== Supplied records ==
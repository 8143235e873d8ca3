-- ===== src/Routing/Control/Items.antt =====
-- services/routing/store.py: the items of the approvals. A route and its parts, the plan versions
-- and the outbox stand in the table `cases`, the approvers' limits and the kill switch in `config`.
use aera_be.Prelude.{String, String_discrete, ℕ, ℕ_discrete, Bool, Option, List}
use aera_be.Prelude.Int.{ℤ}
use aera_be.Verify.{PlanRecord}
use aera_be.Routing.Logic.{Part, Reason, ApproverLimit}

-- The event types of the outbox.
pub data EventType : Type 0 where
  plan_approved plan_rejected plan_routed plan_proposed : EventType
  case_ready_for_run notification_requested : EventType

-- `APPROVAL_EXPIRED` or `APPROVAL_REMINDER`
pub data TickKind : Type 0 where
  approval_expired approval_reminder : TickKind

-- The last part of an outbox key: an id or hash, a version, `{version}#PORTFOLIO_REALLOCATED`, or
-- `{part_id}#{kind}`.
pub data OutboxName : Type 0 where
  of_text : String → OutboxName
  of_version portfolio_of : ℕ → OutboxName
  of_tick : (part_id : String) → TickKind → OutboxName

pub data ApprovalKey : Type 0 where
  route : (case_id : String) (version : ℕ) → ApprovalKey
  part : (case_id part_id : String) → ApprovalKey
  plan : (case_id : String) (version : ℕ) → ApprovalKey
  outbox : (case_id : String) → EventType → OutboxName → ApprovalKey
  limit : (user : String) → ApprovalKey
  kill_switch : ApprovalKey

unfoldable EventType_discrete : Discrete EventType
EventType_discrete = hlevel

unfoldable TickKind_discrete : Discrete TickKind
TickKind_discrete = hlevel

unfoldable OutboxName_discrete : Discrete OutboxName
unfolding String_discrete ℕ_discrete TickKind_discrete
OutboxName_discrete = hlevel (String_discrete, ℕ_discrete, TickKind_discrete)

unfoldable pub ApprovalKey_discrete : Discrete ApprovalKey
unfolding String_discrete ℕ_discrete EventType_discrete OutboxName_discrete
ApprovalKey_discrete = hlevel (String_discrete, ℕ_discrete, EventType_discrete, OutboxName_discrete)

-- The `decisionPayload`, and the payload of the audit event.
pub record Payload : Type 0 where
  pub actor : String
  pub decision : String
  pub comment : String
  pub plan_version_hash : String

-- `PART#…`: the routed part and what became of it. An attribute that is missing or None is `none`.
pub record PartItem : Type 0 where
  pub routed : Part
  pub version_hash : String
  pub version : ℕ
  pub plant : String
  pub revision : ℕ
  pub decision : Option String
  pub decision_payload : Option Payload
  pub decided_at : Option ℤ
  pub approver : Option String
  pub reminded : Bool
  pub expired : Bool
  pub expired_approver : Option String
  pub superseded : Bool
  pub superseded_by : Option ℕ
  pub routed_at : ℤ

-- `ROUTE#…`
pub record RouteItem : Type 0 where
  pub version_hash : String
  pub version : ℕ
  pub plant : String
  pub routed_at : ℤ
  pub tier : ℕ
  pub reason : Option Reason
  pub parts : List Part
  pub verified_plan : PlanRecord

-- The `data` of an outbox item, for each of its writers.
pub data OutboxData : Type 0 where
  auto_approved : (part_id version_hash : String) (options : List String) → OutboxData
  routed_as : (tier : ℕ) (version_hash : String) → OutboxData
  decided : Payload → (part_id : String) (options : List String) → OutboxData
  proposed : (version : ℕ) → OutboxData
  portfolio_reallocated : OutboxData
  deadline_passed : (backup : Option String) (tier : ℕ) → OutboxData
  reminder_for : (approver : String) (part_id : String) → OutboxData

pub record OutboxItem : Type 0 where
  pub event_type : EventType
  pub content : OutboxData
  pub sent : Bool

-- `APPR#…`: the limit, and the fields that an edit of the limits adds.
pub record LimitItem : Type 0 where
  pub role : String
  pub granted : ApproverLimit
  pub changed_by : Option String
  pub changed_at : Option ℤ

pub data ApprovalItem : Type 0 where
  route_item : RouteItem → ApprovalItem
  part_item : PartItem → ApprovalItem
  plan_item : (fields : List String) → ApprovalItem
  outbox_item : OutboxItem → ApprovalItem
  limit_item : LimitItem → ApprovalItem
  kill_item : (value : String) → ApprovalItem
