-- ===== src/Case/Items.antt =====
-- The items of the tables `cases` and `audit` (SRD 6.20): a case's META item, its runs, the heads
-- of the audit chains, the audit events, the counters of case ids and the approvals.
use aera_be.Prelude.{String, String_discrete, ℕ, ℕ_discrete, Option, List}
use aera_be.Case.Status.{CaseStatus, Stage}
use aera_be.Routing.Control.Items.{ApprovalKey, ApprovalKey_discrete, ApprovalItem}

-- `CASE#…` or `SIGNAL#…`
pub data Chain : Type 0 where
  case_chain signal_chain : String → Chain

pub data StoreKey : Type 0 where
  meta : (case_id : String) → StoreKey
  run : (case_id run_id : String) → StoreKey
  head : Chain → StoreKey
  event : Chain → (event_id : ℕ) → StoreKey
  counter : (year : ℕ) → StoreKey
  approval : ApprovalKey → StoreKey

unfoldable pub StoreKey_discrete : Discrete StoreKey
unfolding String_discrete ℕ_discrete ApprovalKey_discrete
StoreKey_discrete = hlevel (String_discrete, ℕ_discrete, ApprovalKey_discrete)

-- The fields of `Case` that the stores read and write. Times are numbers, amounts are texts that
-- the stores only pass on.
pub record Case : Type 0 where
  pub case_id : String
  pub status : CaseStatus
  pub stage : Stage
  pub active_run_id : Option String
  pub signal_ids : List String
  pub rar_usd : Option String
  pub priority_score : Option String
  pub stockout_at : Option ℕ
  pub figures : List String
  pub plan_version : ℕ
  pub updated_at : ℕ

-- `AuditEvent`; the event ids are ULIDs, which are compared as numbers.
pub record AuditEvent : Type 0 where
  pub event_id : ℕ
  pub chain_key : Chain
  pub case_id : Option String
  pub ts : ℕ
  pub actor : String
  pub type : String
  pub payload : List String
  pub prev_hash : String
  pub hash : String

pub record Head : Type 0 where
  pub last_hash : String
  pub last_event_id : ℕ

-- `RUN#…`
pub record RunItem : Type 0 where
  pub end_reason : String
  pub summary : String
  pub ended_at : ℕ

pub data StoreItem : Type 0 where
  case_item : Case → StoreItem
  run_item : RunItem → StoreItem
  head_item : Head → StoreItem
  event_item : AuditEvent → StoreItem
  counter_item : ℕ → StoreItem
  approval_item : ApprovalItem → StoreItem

== Your assignment ==
Give back, unchanged, the run of lines in the listing above that begins at the line containing "pub expired_approver : Option String" and ends at the line containing "pub changed_by : Option String", both included.

== Reply to the task ==
  pub expired_approver : Option String
  pub superseded : Bool
  pub superseded_by : Option ℕ
  pub routed_at : ℤ

-- `ROUTE#…`
pub record RouteItem : Type 0 where
  pub version_hash : String
  pub version : ℕ
  pub plant : String
  pub routed_at : ℤ
  pub tier : ℕ
  pub reason : Option Reason
  pub parts : List Part
  pub verified_plan : PlanRecord

-- The `data` of an outbox item, for each of its writers.
pub data OutboxData : Type 0 where
  auto_approved : (part_id version_hash : String) (options : List String) → OutboxData
  routed_as : (tier : ℕ) (version_hash : String) → OutboxData
  decided : Payload → (part_id : String) (options : List String) → OutboxData
  proposed : (version : ℕ) → OutboxData
  portfolio_reallocated : OutboxData
  deadline_passed : (backup : Option String) (tier : ℕ) → OutboxData
  reminder_for : (approver : String) (part_id : String) → OutboxData

pub record OutboxItem : Type 0 where
  pub event_type : EventType
  pub content : OutboxData
  pub sent : Bool

-- `APPR#…`: the limit, and the fields that an edit of the limits adds.
pub record LimitItem : Type 0 where
  pub role : String
  pub granted : ApproverLimit
  pub changed_by : Option String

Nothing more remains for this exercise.